# Ubuntu 8.10 träge und langsam :-(



## Johannes7146 (5. November 2008)

hallo zusammen,
habe über mein ubuntu 8.04 ein upgrade gefahren (auf 8.10)
habe mit meinem 8.04 kaum gearbeitet und kann daher nicht sagen ob das problem dort auch schon war.

Folgends verhalten stört mich:
Scrollen im Browser (egal welcher) ist sehr träge und langsam.
genauso, wenn ich mit meiner Maus im Menu (egal welches) bewege regaiert es etwas träge.

Flash videos laufen zwar aber stottern total.

Meine CPU wird dabei nie mehr als 40% ausgelastet.
Ich vermute das irgendwelche treiber oder pakete fehlen, nur ich weiß leider nicht welche...

Eigentlich funktioniert sonst alles...
Wlan, passende Auflösung, Desktop cube (auch recht träge)

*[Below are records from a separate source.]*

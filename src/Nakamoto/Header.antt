-- ===== src/Nakamoto/Header.antt =====
-- crates/meow-nakamoto-types: block headers, mining headers and blocks (block_header.rs,
-- mining_block_header.rs, block.rs, state_snapshot.rs).
use meow.Base.{ℕ, List, [], Option, none}
use meow.Types.Primitives.{Digest, zero_digest}
use meow.Types.Object.{Object}
use meow.Types.Transaction.{SignedTransaction, ExecutionResult}

pub record BlockHeader : Type 0 where
  pub height : ℕ
  pub parent_hash : Digest
  pub transactions_root : Digest
  pub reward_root : Option Digest
  pub state_root : Digest
  pub timestamp : ℕ
  pub nonce : ℕ

pub record MiningBlockHeader : Type 0 where
  pub height : ℕ
  pub parent_hash : Digest
  pub transactions_root : Digest
  pub timestamp : ℕ
  pub nonce : ℕ

-- `impl From<&BlockHeader> for MiningBlockHeader`
unfoldable pub mining_header : BlockHeader → MiningBlockHeader
mining_header h = record {
  height = h.height;
  parent_hash = h.parent_hash;
  transactions_root = h.transactions_root;
  timestamp = h.timestamp;
  nonce = h.nonce;
}

pub record Block : Type 0 where
  pub header : BlockHeader
  pub transactions : List SignedTransaction
  pub results : List ExecutionResult
  pub reward_transaction : Option SignedTransaction
  pub reward_transaction_result : Option ExecutionResult

-- `Block::genesis`
unfoldable pub genesis : Block
genesis = record {
  header = record {
    height = 0;
    parent_hash = zero_digest;
    transactions_root = zero_digest;
    reward_root = none;
    state_root = zero_digest;
    timestamp = 0;
    nonce = 0;
  };
  transactions = [];
  results = [];
  reward_transaction = none;
  reward_transaction_result = none;
}

pub record StateSnapshot : Type 0 where
  pub head : Block
  pub objects : List Object

abbrev pub max_transactions_per_block : ℕ
max_transactions_per_block = 256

Meine Hardware: ein Thinkpad R61i
CPU: T5750 (2ghz)
RAM: 2GB
Grafik: x3100


----------



## deepthroat (5. November 2008)

Hi.

Vermutlich hast du keinen geeigneten (accelerated) Grafiktreiber installiert (bzw. deine Grafikkarte ist einfach zu schwach). Ich würde erstmal jegliche Desktopeffekte (Cube etc.) ausstellen.

Gruß


----------



## Johannes7146 (5. November 2008)

also unter ubuntu 7.10 lief desktop cube usw einsatz frei....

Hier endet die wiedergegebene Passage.